История русской культуры, вся она в перебоях, в приступах, в отречениях или увлечениях, в разочарованиях, изменах, разрывах. Всего меньше в ней непосредственной цельности. Русская историческая ткань так странно спутана, и вся точно перемята и оборвана. «Для русской истории наиболее характерны расколы и катастрофические перерывы» (Н. А. Бердяев). Влияния в русском развитии вообще чувствуются сильнее, чем творческая самодеятельность. В самой народной душе противоречий и невязок гораздо больше, чем то допускали славянофилы или народники. Быт и бунт в ней странно сочетаются…

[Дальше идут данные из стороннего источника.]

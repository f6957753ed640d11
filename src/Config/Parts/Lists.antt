-- ===== src/Config/Parts/Lists.antt =====
-- crates/core/src/config.rs: the parts that hold lists of strings are read back.
use ferro_http.Base.{
  ℕ, suc, ◌^◌, ◌≤◌, ◌≡◌, refl, true, List, [], ◌∷◌, Bytes, codes, bytes_eq, all, utf8_valid,
}
use ferro_http.Json.{Float, array, get, find_member}
use ferro_http.Config.{StaticConfig, SecurityConfig, ok}
use ferro_http.Config.Read.{
  read_field, read_bool, read_string, read_u64, string_items, read_string_array, read_static,
  read_rate_limit, read_security,
}
use ferro_http.Config.Write.{escape_byte, escape_json, static_text, rate_limit_text, security_text}
use ferro_http.Config.Arrays.{strings}
use ferro_http.Config.Members.{Field, entry, members_of}
use ferro_http.Config.Fields.{
  IsExact, as_u64-exact, text_field, bool_field, number_field, array_field, object_field,
}
use ferro_http.Config.Parts.{Part}

string_items-strings :
    (F : Type 0) (i : ℕ) (ss : List Bytes) (path : Bytes)
    → string_items i (strings {F = F} ss) path ≡ ok ss
unfolding string_items strings
string_items-strings F i [] path = refl
string_items-strings F i (s ∷ ss) path = rw (string_items-strings F (suc i) ss path) refl

read_string_array-strings :
    (F : Type 0) (ss : List Bytes) (path : Bytes)
    → read_string_array (array (strings {F = F} ss)) path ≡ ok ss
unfolding read_string_array
read_string_array-strings F ss path = string_items-strings F 0 ss path

pub record StaticFits (c : StaticConfig) : Type 0 where
  pub root_valid : utf8_valid c.root ≡ true
  pub index_valid : all utf8_valid c.index_files ≡ true

pub record SecurityFits (c : SecurityConfig) : Type 0 where
  pub requests_fit : c.rate_limit.requests ≤ 2 ^ 53
  pub window_fits : c.rate_limit.window_secs ≤ 2 ^ 53
  pub ban_fits : c.rate_limit.ban_secs ≤ 2 ^ 53
  pub patterns_valid : all utf8_valid c.blocked_patterns ≡ true

module _ {F : Type 0} (float : Float F) where
  pub static-Part :
      (c d : StaticConfig)
      → StaticFits c
      → Part float (static_text c) (λ v. read_static float v d) c
  unfolding static_text read_static read_field read_bool read_string get find_member bytes_eq
      escape_json escape_byte utf8_valid entry members_of
  static-Part c d fits = record {
    value = field.value;
    starts = field.text_starts;
    text_reads = field.text_reads;
    read_back = rw (read_string_array-strings F c.index_files (codes "static.index_files")) refl;
  }
    where
      field : Field float 2
      field =
          object_field float 1 (codes "static") (codes "  ") (codes "    ")
            (text_field float 1 (codes "root") c.root refl fits.root_valid)
            (array_field float 0 (codes "index_files") c.index_files refl fits.index_valid
              ∷ bool_field float 1 (codes "follow_symlinks") c.follow_symlinks refl
              ∷ bool_field float 1 (codes "directory_listing") c.directory_listing refl
              ∷ [])
            refl refl refl

module _ {F : Type 0} (float : Float F) (exact : IsExact float) where
  pub security-Part :
      (c d : SecurityConfig)
      → SecurityFits c
      → Part float (security_text c) (λ v. read_security float v d) c
  unfolding security_text rate_limit_text read_security read_rate_limit read_field read_bool
      read_u64 get find_member bytes_eq escape_json escape_byte utf8_valid entry members_of
  security-Part c d fits = record {
    value = field.value;
    starts = field.text_starts;
    text_reads = field.text_reads;
    read_back =
        rw
          (
            as_u64-exact float exact c.rate_limit.requests fits.requests_fit,
            as_u64-exact float exact c.rate_limit.window_secs fits.window_fits,
            as_u64-exact float exact c.rate_limit.ban_secs fits.ban_fits,
            read_string_array-strings F c.blocked_patterns (codes "security.blocked_patterns"),
          )
          refl;
  }
    where
      limit : Field float 1
      limit =
          object_field float 0 (codes "rate_limit") (codes "    ") (codes "      ")
            (bool_field float 0 (codes "enabled") c.rate_limit.enabled refl)
            (number_field float 0 (codes "requests") c.rate_limit.requests refl exact
                fits.requests_fit
              ∷ number_field float 0 (codes "window_secs") c.rate_limit.window_secs refl exact
                  fits.window_fits
              ∷ number_field float 0 (codes "ban_secs") c.rate_limit.ban_secs refl exact
                  fits.ban_fits
              ∷ [])
            refl refl refl

      field : Field float 2
      field =
          object_field float 1 (codes "security") (codes "  ") (codes "    ")
            (bool_field float 1 (codes "enable_security_headers") c.enable_security_headers refl)
            (limit
              ∷ array_field float 0 (codes "blocked_patterns") c.blocked_patterns refl
                  fits.patterns_valid
              ∷ [])
            refl refl refl
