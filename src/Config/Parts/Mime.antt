-- ===== src/Config/Parts/Mime.antt =====
-- crates/core/src/config.rs: the overrides of media types are read back.
use ferro_http.Base.{
  zero, suc, ◌+◌, ◌≡◌, refl, ap, Bool, true, ◌&&◌, List, [], ◌∷◌, map, arith, Bytes, codes, all,
  utf8_valid,
}
use ferro_http.Base.Text.Utf8.{both_true}
use ferro_http.Json.{Float, object, no_members, expect, skip_ws, skip_ws_from}
use ferro_http.Config.{ok}
use ferro_http.Config.Read.{string_members, read_string_map}
use ferro_http.Config.Write.{json_string_object, mime_entry, block}
use ferro_http.Config.Values.{Reads}
use ferro_http.Config.Arrays.{within_bound}
use ferro_http.Config.Members.{Field, entry, members_of}
use ferro_http.Config.Fields.{text_field, object_field}
use ferro_http.Config.Parts.{Part}
use mathlib.Core.Path.{subst}
use ferro_http.Base.Text.Decimal.{utf8_valid-nil}
use ferro_http.Json.Parse.{parse_value, value_at, parse_object}

abbrev pub pair_valid : Bytes × Bytes → Bool
pair_valid (k, v) = utf8_valid k && utf8_valid v

module _ {F : Type 0} (float : Float F) where
  mime_field : (p : Bytes × Bytes) → pair_valid p ≡ true → Field float 1
  mime_field (k, v) valid =
      let (key_valid, value_valid) = both_true (utf8_valid k) (utf8_valid v) valid in
      text_field float 1 k v key_valid value_valid

  mime_fields : (ps : List (Bytes × Bytes)) → all pair_valid ps ≡ true → List (Field float 1)
  mime_fields [] valid = []
  mime_fields (p ∷ ps) valid =
      let (here, later) = both_true (pair_valid p) (all pair_valid ps) valid in
      mime_field p here ∷ mime_fields ps later

  mime_fields-entries :
      (ps : List (Bytes × Bytes)) (valid : all pair_valid ps ≡ true)
      → map (entry float 1) (mime_fields ps valid) ≡ map mime_entry ps
  unfolding mime_fields mime_field entry
  mime_fields-entries [] valid = refl
  mime_fields-entries (p ∷ ps) valid =
      ap (◌∷◌ (mime_entry p))
        (mime_fields-entries ps (both_true (pair_valid p) (all pair_valid ps) valid).1)

  string_members-fields :
      (ps : List (Bytes × Bytes)) (valid : all pair_valid ps ≡ true) (path : Bytes)
      → string_members (members_of float 1 (mime_fields ps valid)) path ≡ ok ps
  unfolding mime_fields mime_field members_of string_members
  string_members-fields [] valid path = refl
  string_members-fields (p ∷ ps) valid path =
      rw (string_members-fields ps (both_true (pair_valid p) (all pair_valid ps) valid).1 path) refl

  empty-Reads : Reads float 2 (codes "{}") (object no_members)
  unfolding parse_value value_at parse_object expect skip_ws skip_ws_from
  empty-Reads zero depth pos tail enough bound end = absurd (omega (arith, enough))
  empty-Reads (suc fuel) depth pos tail enough bound end =
      rw (within_bound depth 1 bound) (pos + 1 + 1, refl)

  pub mime-Part :
      (ps : List (Bytes × Bytes)) (path : Bytes)
      → all pair_valid ps ≡ true
      → Part float (json_string_object ps) (λ v. read_string_map v path) ps
  unfolding json_string_object read_string_map string_members mime_fields mime_field entry
      members_of
  mime-Part [] path valid = record {
    value = object no_members;
    starts = refl;
    text_reads = empty-Reads;
    read_back = refl;
  }
  mime-Part (p ∷ ps) path valid =
      subst
        (λ es.
          Part float (block (codes "  ") (codes "    ") (mime_entry p) es)
            (λ v. read_string_map v path) (p ∷ ps))
        (mime_fields-entries ps later)
        (record {
          value = field.value;
          starts = field.text_starts;
          text_reads = field.text_reads;
          read_back = string_members-fields (p ∷ ps) valid path;
        })
    where
      here : pair_valid p ≡ true
      here = (both_true (pair_valid p) (all pair_valid ps) valid).0

      later : all pair_valid ps ≡ true
      later = (both_true (pair_valid p) (all pair_valid ps) valid).1

      field : Field float 2
      field =
          object_field float 1 [] (codes "  ") (codes "    ") (mime_field p here)
            (mime_fields ps later) utf8_valid-nil refl refl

Петр Киреевский верно указывал, что Россия живет как бы во многоярусном быту. Это остается верным и о внутреннем быте, о тончайшем и внутреннем строении народной души. Издавна русская душа живет и пребывает во многих веках или возрастах сразу. Не потому, что торжествует или возвышается над временем. Напротив, расплывается во временах. Несоизмеримые и разновременные душевные формации как-то совмещаются и срастаются между собой. Но сросток не есть синтез. Именно синтез и не удавался… Эта сложность души — от слабости, от чрезмерной впечатлительности… В русской душе есть опасная склонность, есть предательская способность к тем культурно-психологическим превращениям или перевоплощениям, о которых говорил Достоевский в своей Пушкинской речи. «Нам внятно все — и острый галльский смысл, и сумрачный германский гений…»
Этот дар «всемирной отзывчивости», во всяком случае, роковой и двусмысленный дар. Повышенная чуткость и отзывчивость очень затрудняет творческое собирание души. В этих странствиях по временам и культурам всегда угрожает опасность не найти самого себя. Душа теряется, сама себя теряет, в этих переливах исторических впечатлений и переживаний. Точно не поспевает сама к себе возвращаться, слишком многое привлекает ее и развлекает, удерживает в инобытии. И создаются в душе какие-то кочевые привычки, — привычка жить на развалинах или в походных шатрах. Русская душа плохо помнит родство. И всего настойчивее в отрицаниях и отречениях…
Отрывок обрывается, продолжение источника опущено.